YOUR TASK: Take the entries that follow and return exactly the lines from the one holding "rollup_rows_pruned = 0;" through the one holding "prune_kept (λ (r : GaugeRow).", both included. Nothing else is needed.
DATASET RECORDS Block Start
-- ===== src/Store/Retention/Repeat.antt =====
-- store.py: what `apply_retention` leaves, and a second call.
use aws_ops_monitor.Prelude.{
  ℕ, ◌≡◌, refl, Bool, true, false, List, [], ◌∷◌, arith, leb, ltb, filter,
}
use aws_ops_monitor.Store.{Tables, GaugeRow, CounterRow, HealthRow, Rollup}
use aws_ops_monitor.Store.Retention.{
  merge_all, group_rows, Cutoffs, delete_before, is_compacted, retain, RetentionCounts,
}

filter_all {ℓ} :
    {A : Type ℓ} (p q : A → Bool) (xs : List A)
    → ((x : A) → q x ≡ true → p x ≡ true)
    → filter p (filter q xs) ≡ filter q xs
filter_all p q [] imp = refl
filter_all p q (x ∷ xs) imp = ground (arith, filter_all p q xs imp, imp x)

filter_none {ℓ} :
    {A : Type ℓ} (p q : A → Bool) (xs : List A)
    → ((x : A) → q x ≡ true → p x ≡ false)
    → filter p (filter q xs) ≡ []
filter_none p q [] imp = refl
filter_none p q (x ∷ xs) imp = ground (arith, filter_none p q xs imp, imp x)

abbrev pub no_counts : RetentionCounts
no_counts = record {
  counter_rows_compacted = 0;
  gauge_rows_pruned = 0;
  counter_rows_pruned = 0;
  health_rows_pruned = 0;
  rollup_rows_pruned = 0;
}

-- A row is kept or pruned, by its time.
module _ {ℓ} {A : Type ℓ} (time : A → ℕ) (cutoff : ℕ) (xs : List A) where
  keep_twice :
      filter (λ x. leb cutoff (time x)) (filter (λ x. leb cutoff (time x)) xs)
      ≡ filter (λ x. leb cutoff (time x)) xs
  keep_twice = filter_all _ _ xs (λ x h. h)

  prune_kept : filter (λ x. ltb (time x) cutoff) (filter (λ x. leb cutoff (time x)) xs) ≡ []
  prune_kept = filter_none _ _ xs (λ x h. ground arith)

compact_kept :
    (c : Cutoffs) (rows : List CounterRow)
    → filter (is_compacted c) (filter (λ r. leb c.raw r.observed_at) rows) ≡ []
compact_kept c rows = filter_none _ _ rows (λ r h. ground arith)

-- Retention at the same cutoffs a second time counts nothing and changes nothing.
pub retain_idempotent :
    (c : Cutoffs) (db : Tables) → retain c (retain c db).1 ≡ (no_counts, (retain c db).1)
unfolding retain group_rows merge_all
retain_idempotent c db =
    let rollups =
      merge_all (group_rows (filter (is_compacted c) db.counter_samples))
        db.counter_hourly_rollups in
    rw (
      compact_kept c db.counter_samples,
      prune_kept (λ (r : GaugeRow). r.observed_at) c.raw db.gauge_samples,
      prune_kept (λ (r : CounterRow). r.observed_at) c.raw db.counter_samples,
      prune_kept (λ (r : HealthRow). r.observed_at) c.raw db.health_samples,
      prune_kept (λ (r : Rollup). r.bucket_start) (delete_before c) rollups,
      keep_twice (λ (r : GaugeRow). r.observed_at) c.raw db.gauge_samples,
      keep_twice (λ (r : CounterRow). r.observed_at) c.raw db.counter_samples,
      keep_twice (λ (r : HealthRow). r.observed_at) c.raw db.health_samples,
      keep_twice (λ (r : Rollup). r.bucket_start) (delete_before c) rollups,
    )
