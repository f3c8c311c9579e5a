-- ===== src/Store/SeriesRows.antt =====
-- store.py: the rows that `series` selects, and what each of them counts for.
use aws_ops_monitor.Prelude.{
  ℕ, ◌*◌, ◌/◌, String, Bool, not, ◌&&◌, ◌||◌, Option, none, some, List, [], ◌∷◌, ◌++◌, map, any,
  filter, leb, is_some, str_eq, if◌then◌else◌,
}
use aws_ops_monitor.Prelude.Float.{micro}
use aws_ops_monitor.Prelude.Json.{Json, text, dict, Fields, get_field}
use aws_ops_monitor.Prelude.Text.{is_blank, strip_prefix}
use aws_ops_monitor.Prelude.Sorting.{sort_by}
use aws_ops_monitor.Store.{Tables, CounterRow, Rollup}

-- `json.loads`, `none` for a `JSONDecodeError`, and Python's `str` on a value that is no text.
pub record Reader : Type 0 where
  pub json_loads : String → Option Json
  pub show : Json → String

abbrev pub virtual_interface_prefixes : List String
virtual_interface_prefixes =
    "br-" ∷ "cni" ∷ "docker" ∷ "dummy" ∷ "flannel" ∷ "tap" ∷ "tailscale" ∷ "tun" ∷ "veth" ∷ "virbr"
    ∷ "wg" ∷ []

-- `str(labels.get(key, ""))`
unfoldable pub label_text : Reader → String → Fields → String
unfolding get_field
label_text reader key labels = elim (get_field key labels) [
  | none ↦ ""
  | some (text s) ↦ s
  | some other ↦ reader.show other
]

unfoldable pub is_external_name : String → Bool
unfolding strip_prefix
is_external_name name =
    not (is_blank name)
    && not (str_eq name "lo")
    && not (any (λ p. is_some (strip_prefix p name)) virtual_interface_prefixes)

-- `_is_external_interface`
unfoldable pub is_external_interface : Reader → Fields → Bool
unfolding label_text is_external_name
is_external_interface reader labels = is_external_name (label_text reader "interface" labels)

-- a row of the query; the time in millionths of a second
pub record SeriesRow : Type 0 where
  pub observed_at : ℕ
  pub source : String
  pub name : String
  pub labels_json : String
  pub delta : ℕ

abbrev pub of_sample : CounterRow → SeriesRow
of_sample r = record {
  observed_at = r.observed_at;
  source = r.source;
  name = r.name;
  labels_json = r.labels_json;
  delta = r.delta_value;
}

abbrev pub of_rollup : Rollup → SeriesRow
of_rollup r = record {
  observed_at = r.bucket_start * micro;
  source = r.source;
  name = r.name;
  labels_json = r.labels_json;
  delta = r.delta_value;
}

-- the `WHERE` of the outer query
abbrev pub is_charted : SeriesRow → Bool
is_charted r =
    (str_eq r.source "host"
      && (str_eq r.name "network_receive_bytes_total"
          || str_eq r.name "network_transmit_bytes_total"))
    || (str_eq r.source "xray" && str_eq r.name "traffic_bytes_total")

-- the rows of the query, in the order of their times
unfoldable pub series_rows : ℕ → Tables → List SeriesRow
unfolding sort_by
series_rows since db =
    sort_by (λ r. r.observed_at)
      (filter is_charted (
        map of_sample (filter (λ r. leb (since * micro) r.observed_at) db.counter_samples)
        ++ map of_rollup
            (filter (λ r. leb (since / 3600 * 3600) r.bucket_start) db.counter_hourly_rollups)))

-- what a row adds to
pub data Cell : Type 0 where
  host_rx host_tx : Cell
  xray_traffic : (scope direction : String) → Cell

abbrev pub is_xray_scope : String → Bool
is_xray_scope s = str_eq s "user" || str_eq s "inbound" || str_eq s "outbound"

unfoldable pub labelled_cell : Reader → SeriesRow → Fields → Option Cell
unfolding is_external_interface label_text
labelled_cell reader r labels =
    if str_eq r.source "host"
    then (if is_external_interface reader labels
        then some (if str_eq r.name "network_receive_bytes_total" then host_rx else host_tx)
        else none)
    else if is_xray_scope (label_text reader "scope" labels)
        && (str_eq (label_text reader "direction" labels) "uplink"
            || str_eq (label_text reader "direction" labels) "downlink")
    then some
        (xray_traffic (label_text reader "scope" labels) (label_text reader "direction" labels))
    else none

unfoldable pub parsed_cell : Reader → SeriesRow → Option Json → Option Cell
unfolding labelled_cell
parsed_cell reader r (some (dict labels)) = labelled_cell reader r labels
parsed_cell reader r _ = none

-- `none` where the loop goes on with the next row
unfoldable pub cell_of : Reader → SeriesRow → Option Cell
unfolding parsed_cell
cell_of reader r = parsed_cell reader r (reader.json_loads r.labels_json)

-- `int(observed_at // 60) * 60`
abbrev pub bucket_of : SeriesRow → ℕ
bucket_of r = r.observed_at / (60 * micro) * 60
DATASET RECORDS Block End
OUTPUT BELOW:
  rollup_rows_pruned = 0;
}

-- A row is kept or pruned, by its time.
module _ {ℓ} {A : Type ℓ} (time : A → ℕ) (cutoff : ℕ) (xs : List A) where
  keep_twice :
      filter (λ x. leb cutoff (time x)) (filter (λ x. leb cutoff (time x)) xs)
      ≡ filter (λ x. leb cutoff (time x)) xs
  keep_twice = filter_all _ _ xs (λ x h. h)

  prune_kept : filter (λ x. ltb (time x) cutoff) (filter (λ x. leb cutoff (time x)) xs) ≡ []
  prune_kept = filter_none _ _ xs (λ x h. ground arith)

compact_kept :
    (c : Cutoffs) (rows : List CounterRow)
    → filter (is_compacted c) (filter (λ r. leb c.raw r.observed_at) rows) ≡ []
compact_kept c rows = filter_none _ _ rows (λ r h. ground arith)

-- Retention at the same cutoffs a second time counts nothing and changes nothing.
pub retain_idempotent :
    (c : Cutoffs) (db : Tables) → retain c (retain c db).1 ≡ (no_counts, (retain c db).1)
unfolding retain group_rows merge_all
retain_idempotent c db =
    let rollups =
      merge_all (group_rows (filter (is_compacted c) db.counter_samples))
        db.counter_hourly_rollups in
    rw (
      compact_kept c db.counter_samples,
      prune_kept (λ (r : GaugeRow). r.observed_at) c.raw db.gauge_samples,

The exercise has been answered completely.